FedNow Instant Payments: What It Is, How It Works, and What It Means for Faster Money Movement

Feb 13, 2026 | Payments & Money Movement

Instant payments are becoming the expectation—not the exception. The FedNow Service is one of the major rails making that possible in the U.S., allowing banks and credit unions to offer real-time account-to-account payments that settle within seconds, 24/7/365, with immediate funds availability for the receiver. 

This guide breaks down what FedNow is, how the payment flow works, common business use cases, and the operational details that matter when you’re planning adoption.

What FedNow is (and what it isn’t)

FedNow is an interbank instant payment service. It’s built so banks and credit unions can send and receive instant payments on behalf of their customers. Individuals and businesses don’t “sign up for FedNow” directly—your financial institution enables it through its own app, online banking, or business payment tools. 

It’s also not a new currency and not an “app.” It’s infrastructure that moves money between financial institutions in real time. 

The core promise: speed, certainty, and immediate availability

With instant payments, the receiver can use the funds immediately, which can be a big deal when timing matters (covering a bill on the due date, receiving payroll, or getting paid on an invoice without waiting days). 

FedNow launched in July 2023 and is designed to support continuous operation all year long. 

How an instant payment moves through FedNow (high level)

A standard FedNow credit transfer generally follows this flow, in seconds:

  1. A sender initiates a payment using their bank/credit union’s interface.
  2. The sender’s financial institution (or its service provider) submits the payment message into the service.
  3. The service validates message format and routing details.
  4. The receiver’s financial institution confirms it can accept the payment (helping reduce misdirected payments).
  5. Settlement occurs by debiting/crediting the participants’ Federal Reserve master accounts (or their correspondents).
  6. The receiver’s financial institution credits the receiver’s account and makes funds available immediately. 

A key operational detail: settlement occurs in the participant’s master account and is designed to be complete, final, and irrevocable, which reduces interbank credit risk. 

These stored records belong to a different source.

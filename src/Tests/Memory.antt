-- ===== src/Tests/Memory.antt =====
-- Runs of the memory subsystem of computekernel_edu/memory.py on small inputs.
use compute_kernel_python.Prelude.{
  ℕ, ◌+◌, ◌≤◌, ◌<◌, ◌%◌, ◌≡◌, refl, true, false, some, List, [], ◌∷◌, pos, negsuc, leb,
  if◌then◌else◌, arith,
}
use compute_kernel_python.Prelude.Eq.{nat_eq}
use compute_kernel_python.Prelude.Dict
use compute_kernel_python.Prelude.Dict.{get, put}
use compute_kernel_python.Memory.Pmm
use compute_kernel_python.Memory.Pmm.{
  Page, Pmm, page_size, fresh_pages, first_free, free_pages, used_pages, release, alloc_page,
  free_page, alloc_pages,
}
use compute_kernel_python.Memory.Pmm.Frames.{init-IsValid}
use compute_kernel_python.Memory.Pmm.Frames
use compute_kernel_python.Memory.Pmm.Loop.{chosen, claimed, alloc_pages_lem}
use compute_kernel_python.Memory.Pmm.Runs
use compute_kernel_python.Memory.Pmm.Runs.{do_alloc, do_free, run, run-accounted}
use compute_kernel_python.Memory.Space
use compute_kernel_python.Memory.Space.{
  VirtualMemoryArea, AddressSpace, area, contains, has_char, lookup, check_access,
}
use compute_kernel_python.Memory.Vmm
use compute_kernel_python.Memory.Vmm.{
  Vmm, create_address_space, destroy_address_space, default_space, pages_needed, map_pages,
  unmap_pages, simulate_page_fault,
}
use compute_kernel_python.Memory.Vmm.Laws.{map_pages_lem}
use compute_kernel_python.Memory.Kmalloc
use compute_kernel_python.Memory.Kmalloc.{Kmalloc, alloc, free}
use compute_kernel_python.Memory.Kmalloc.Laws.{
  do_alloc as take, do_free as give, live_disjoint, alloc_lem, free-alloc,
}
use compute_kernel_python.Memory.Kmalloc.Laws

-- Four frames, of which the second is given back after three were taken.
abbrev script : List Runs.Call
script = do_alloc 3 7 ∷ do_free (pos 1) ∷ do_free (pos 9) ∷ do_alloc 5 8 ∷ []

run-accounted_example :
    Frames.IsValid (run script (Pmm.init 4))
    × (free_pages (run script (Pmm.init 4)) + used_pages (run script (Pmm.init 4)) ≡ 4)
run-accounted_example = run-accounted 4 script

abbrev pmm : Pmm
pmm = Pmm.init 4

pmm-IsValid : Frames.IsValid pmm
pmm-IsValid = init-IsValid 4

alloc_pages_example : alloc_pages 5 7 pmm ≡ (
    if leb 5 (free_pages pmm)
    then (chosen 7 5 pmm.pages, record pmm { pages = claimed 7 5 pmm.pages })
    else ([], pmm))
alloc_pages_example = alloc_pages_lem 5 7 pmm pmm-IsValid

alloc_pages_short : alloc_pages 5 7 pmm ≡ ([], pmm)
unfolding alloc_pages alloc_page free_page release first_free fresh_pages Pmm.init
alloc_pages_short = refl

abbrev space : AddressSpace
space = default_space 3

-- Process 3 has an address space, and there are four frames.
abbrev vmm : Vmm
vmm = create_address_space 3 (Vmm.init pmm)

vmm-space : get 3 vmm.address_spaces ≡ some space
unfolding create_address_space Vmm.init get put
vmm-space = refl

vmm-IsValid : Frames.IsValid vmm.pmm
unfolding create_address_space Vmm.init
vmm-IsValid = pmm-IsValid

too_big : (map_pages 3 0x800000 20000 "rw-" "[heap]" vmm).0 ≡ false
unfolding map_pages pages_needed create_address_space Vmm.init get put alloc_pages alloc_page
    free_page release first_free fresh_pages Pmm.init
too_big = refl

fits : (map_pages 3 0x800000 5000 "rw-" "[heap]" vmm).0 ≡ true
unfolding map_pages pages_needed create_address_space Vmm.init get put alloc_pages alloc_page
    free_page release first_free fresh_pages Pmm.init
fits = refl

map_pages_example : map_pages 3 0x800000 5000 "rw-" "[heap]" vmm ≡ (
    if leb (pages_needed 5000) (free_pages vmm.pmm)
    then (
      true,
      record {
        pmm = record vmm.pmm { pages = claimed 3 (pages_needed 5000) vmm.pmm.pages };
        address_spaces = put 3 (Space.map 0x800000 5000 "rw-" "[heap]" space) vmm.address_spaces;
      },
    )
    else (false, vmm))
map_pages_example =
    map_pages_lem 3 0x800000 5000 "rw-" "[heap]" vmm vmm-IsValid space vmm-space (omega arith)

-- Two blocks that stay live, one that is freed twice, and a size that is refused.
abbrev calls : List Kmalloc.Laws.Call
calls =
    take (pos 512)
    ∷ take (pos 100)
    ∷ take (pos 256)
    ∷ give 0xFFFF800001000000
    ∷ give 0xFFFF800001000000
    ∷ take (negsuc 4)
    ∷ []

second_live : get 0xFFFF800001000200 (Kmalloc.Laws.run calls Kmalloc.init).allocations ≡ some 100
unfolding alloc free get put Dict.pop
second_live = refl

first_address : (alloc (pos 512) Kmalloc.init).0 ≡ some 0xFFFF800001000000
unfolding alloc
first_address = refl

live_disjoint_example :
    (0xFFFF800001000200 % 16 ≡ 0)
    × (0 < 100)
    × (Kmalloc.init.next_addr ≤ 0xFFFF800001000200)
    × ((b m : ℕ)
        → get b (Kmalloc.Laws.run calls Kmalloc.init).allocations ≡ some m
        → 0xFFFF800001000200 < b
        → 0xFFFF800001000200 + 100 ≤ b)
live_disjoint_example = live_disjoint calls 0xFFFF800001000200 100 second_live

Capabilities and features you should know

Request for Payment (RFP)

Beyond sending a payment, the service supports Request for Payment messaging—useful for scenarios like bill payment, invoicing prompts, and “pay me now” workflows (depending on how your financial institution implements it). 

ISO 20022 messaging

The service uses ISO 20022 message standards, which can help with richer payment data (like remittance details) and more consistent processing. 

Liquidity and correspondent options

Not every institution settles the same way. The service supports correspondent–respondent settlement relationships and includes liquidity tools designed for a 24/7/365 environment. 

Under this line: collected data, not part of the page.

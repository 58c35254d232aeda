-- ===== src/Tests/Messages.antt =====
-- Runs of pipes, signals and the log at concrete inputs.
use compute_kernel_python.Prelude.{
  ℕ, ◌+◌, ◌-◌, ◌≡◌, refl, true, false, some, List, [], ◌∷◌, ◌++◌, arith, pos, length, drop, keep,
}
use compute_kernel_python.Prelude.Eq.{nat_eq}
use compute_kernel_python.Prelude.Dict.{get, put}
use compute_kernel_python.Prelude.Deque.{push, push_all, pop_left}
use compute_kernel_python.Ipc
use compute_kernel_python.Ipc.{
  Signal, sigterm, sigkill, sigstop, sigusr1, sigusr2, Pipe, SignalTable, IpcManager, capacity,
  broken_pipe, write, read, close_read, new_pipe, create_pipe, get_pipe, on_pipe, is_blocked, send,
}
use compute_kernel_python.Ipc.Pipes
use compute_kernel_python.Ipc.Pipes.{
  is_closed, do_write, do_read, Fits, written, received, run, write_lem, read_lem, received-written,
}
use compute_kernel_python.Ipc.Signals.{send_all, dequeued, is_deliverable, dequeued-send_all}
use compute_kernel_python.Ipc.Manager
use compute_kernel_python.Ipc.Manager.{IsSound, create_pipe_lem}
use compute_kernel_python.Logger.{info, error, LogEntry}

abbrev hi : List ℕ
hi = 104 ∷ 105 ∷ []

abbrev pipe : Pipe
pipe = new_pipe 100

pipe-IsValid : Pipes.IsValid pipe
pipe-IsValid = record { bounded = omega arith }

write_lem_example :
    (is_closed pipe ≡ true → write hi pipe ≡ (broken_pipe, pipe))
    × (is_closed pipe ≡ false
        → ((write hi pipe).0 ≡ pos (length hi))
          × ((write hi pipe).1.buffer
              ≡ drop (length (pipe.buffer ++ hi) - capacity) (pipe.buffer ++ hi)))
    × Pipes.IsValid (write hi pipe).1
write_lem_example = write_lem hi pipe pipe-IsValid

abbrev uses : List Pipes.Use
uses = do_write (1 ∷ 2 ∷ 3 ∷ []) ∷ do_read 2 ∷ do_write (4 ∷ []) ∷ do_read 9 ∷ []

uses-Fits : Fits uses pipe
unfolding write read push_all push pop_left
uses-Fits = (omega arith, (omega arith, tt))

received-written_example :
    received uses pipe ++ (run uses pipe).buffer ≡ pipe.buffer ++ written uses
received-written_example = received-written uses pipe refl uses-Fits

abbrev signals : SignalTable
signals = record { pid = 3; pending = sigusr1 ∷ []; blocked = sigterm ∷ sigkill ∷ [] }

dequeued-send_all_example :
    dequeued
      (length signals.pending
        + length (keep (is_deliverable signals) (sigterm ∷ sigkill ∷ sigusr2 ∷ []))
        + 2)
      (send_all (sigterm ∷ sigkill ∷ sigusr2 ∷ []) signals)
    ≡ signals.pending ++ keep (is_deliverable signals) (sigterm ∷ sigkill ∷ sigusr2 ∷ [])
dequeued-send_all_example = dequeued-send_all (sigterm ∷ sigkill ∷ sigusr2 ∷ []) 2 signals

abbrev manager : IpcManager
manager = (create_pipe Ipc.init).1

manager-IsSound : IsSound manager
manager-IsSound =
    let (a, b, c, d, e, sound) = create_pipe_lem Ipc.init Manager.init-IsSound in sound

pipe_here : get pipe.read_fd manager.objects ≡ some pipe
unfolding create_pipe get put
pipe_here = refl

abbrev messages : List LogEntry
messages =
    record { level = info; subsystem = "BOOT"; message = "up"; timestamp = 1 }
    ∷ record { level = error; subsystem = "VMM"; message = "OOM"; timestamp = 2 }
    ∷ []
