-- ===== src/Tests/Services.antt =====
-- Runs of the module loader, the power manager and the access checks at concrete inputs.
use compute_kernel_python.Prelude.{
  Bool, String, Option, none, some, ◌≡◌, true, false, not, List, [], ◌∷◌, arith,
}
use compute_kernel_python.Prelude.Dict.{get}
use compute_kernel_python.Process.{Credentials}
use compute_kernel_python.Modules.{KernelModule, ModuleLoader, make_module}
use compute_kernel_python.Modules.Laws.{Closed, do_load, do_unload, run-Closed}
use compute_kernel_python.Modules.Laws
use compute_kernel_python.Devices.{Device, Driver, Registries, input}
use compute_kernel_python.Devices.Binding.{Linked, do_bind, do_unbind, do_probe_all, run-Linked}
use compute_kernel_python.Devices.Binding
use compute_kernel_python.Power
use compute_kernel_python.Power.Resume
use compute_kernel_python.Power.Resume.{do_suspend, do_resume, do_reboot, IsValid, transitions_lem}
use compute_kernel_python.Security.{
  check_permission, check_vfs_open, check_syscall, is_one_of, restricted, privileged_syscalls,
  drop_privileges,
}
use compute_kernel_python.Security.Laws.{drop_privileges_lem}

-- A bus driver, a disk driver that needs it, and one whose dependency nobody has.
abbrev bus : KernelModule
bus = make_module "bus" "1.0" "" ("bus_scan" ∷ [])

abbrev disk : KernelModule
disk = record (make_module "disk" "1.0" "" ("disk_read" ∷ [])) { dependencies = "bus" ∷ [] }

abbrev stray : KernelModule
stray = record (make_module "stray" "1.0" "" []) { dependencies = "gone" ∷ [] }

abbrev loader : ModuleLoader
loader = record {
  modules_enabled = true;
  available = ("bus", bus) ∷ ("disk", disk) ∷ ("stray", stray) ∷ [];
  symbols = [];
}

nothing_loaded : Closed loader.available
unfolding get
nothing_loaded k m h l = absurd (ground arith)

abbrev calls : List Laws.Call
calls = do_load "disk" ∷ do_load "bus" ∷ do_load "disk" ∷ do_unload "bus" ∷ do_load "stray" ∷ []

run-Closed_example : Closed (Laws.run calls loader).available
run-Closed_example = run-Closed calls loader nothing_loaded

transitions_lem_example :
    IsValid (Resume.run (do_resume ∷ do_suspend ∷ do_resume ∷ do_reboot ∷ []) Power.init)
transitions_lem_example = transitions_lem (do_resume ∷ do_suspend ∷ do_resume ∷ do_reboot ∷ [])

abbrev root : Credentials
root = record { uid = 0; gid = 5; euid = 0; egid = 5 }

drop_privileges_lem_example :
    (check_permission (drop_privileges root 1000) 21 ≡ false)
    × (check_vfs_open (drop_privileges root 1000) "/dev/mem" true
        ≡ not (is_one_of "/dev/mem" restricted))
    × (check_syscall (drop_privileges root 1000) "reboot"
        ≡ not (is_one_of "reboot" privileged_syscalls))
    × ((drop_privileges root 1000).gid ≡ root.gid)
    × ((drop_privileges root 1000).egid ≡ root.egid)
drop_privileges_lem_example =
    drop_privileges_lem root 1000 21 "/dev/mem" "reboot" true (omega arith)

-- A keyboard and a clock, a driver for the one by its name, and one whose probe raises.
abbrev device : String → Device
device name = record {
  name = name;
  device_class = input;
  major = 0;
  minor = 0;
  description = "";
  is_virtual = false;
  bound_driver = "";
  properties = [];
}

abbrev driver : String → Option (Device → Option Bool) → Driver
driver name probe = record {
  name = name;
  description = "";
  supported_devices = "keyboard" ∷ [];
  probe = probe;
  is_loaded = true;
  bound_devices = [];
}

abbrev registries : Registries
registries = record {
  devices = ("keyboard", device "keyboard") ∷ ("clock", device "clock") ∷ [];
  drivers = ("broken", driver "broken" (some (λ d. none))) ∷ ("kbd", driver "kbd" none) ∷ [];
}

nothing_bound : Linked registries
unfolding get
nothing_bound k d h ne = absurd (ground (arith, ne))

abbrev binding_calls : List Binding.Call
binding_calls = do_probe_all ∷ do_bind "broken" "clock" ∷ do_unbind "kbd" "keyboard" ∷ []

run-Linked_example : Linked (Binding.run binding_calls registries)
run-Linked_example = run-Linked binding_calls registries nothing_bound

Transaction limits: default vs. maximum

FedNow includes limits at the network and participant levels:

  • Participants typically start with a default limit of $100,000, adjustable up or down based on risk needs. 
  • The credit transfer value limit was $1,000,000 and (per official product guidance) increased to $10 million in November 2025, expanding higher-value use cases like certain real estate and corporate payments. 

Real-world use cases for businesses and consumers

Because it’s “use-case agnostic,” the service can support a wide range of payment scenarios, including:

  • Consumer bill pay (especially last-minute payments)
  • Payroll and earned wage access
  • Invoice payments and B2B supplier payments
  • Real estate-related payments
  • Me-to-me transfers across accounts 

For businesses, the big operational win is often cash-flow visibility and reconciliation—getting paid instantly with supporting data can simplify tracking and reduce time spent chasing payments. 

Risk and fraud controls matter even more with “instant”

Instant settlement is great—until a fraudulent payment slips through, because reversal isn’t as simple as it is with slower rails. That’s why FedNow outlines built-in and configurable risk tools, including:

  • participant-defined negative lists
  • value and velocity thresholds by customer segment
  • a network intelligence API for risk insights before sending
  • adjustable limits at both network and participant levels 

Your financial institution still plays a major role in screening and policies; the service supports the tooling, but governance and monitoring happen at the participant level. 

The “behind-the-scenes” detail teams forget: cycle dates and reporting

Even though payments run 24/7/365, operational reporting has structure. The service’s cycle date can differ from the calendar date for a window of time because it aligns with the Fedwire Funds Service business day (including the typical evening close time). This matters for reconciliation, end-of-day reporting, and internal controls. 

A practical checklist to get ready

If you’re evaluating or rolling out instant payments, focus on:

  1. Customer use cases first (bill pay, payroll, B2B, real estate, etc.). 
  2. Risk policy and limits (segment-based thresholds, default limit strategy). 
  3. Exception handling (returns/requests for status/info using ISO 20022 nonvalue messages). 
  4. Liquidity planning for always-on settlement. 
  5. Ops + reconciliation (how reporting lines up with your accounting day). 
  6. Integration approach (direct participant connection vs. using a service provider).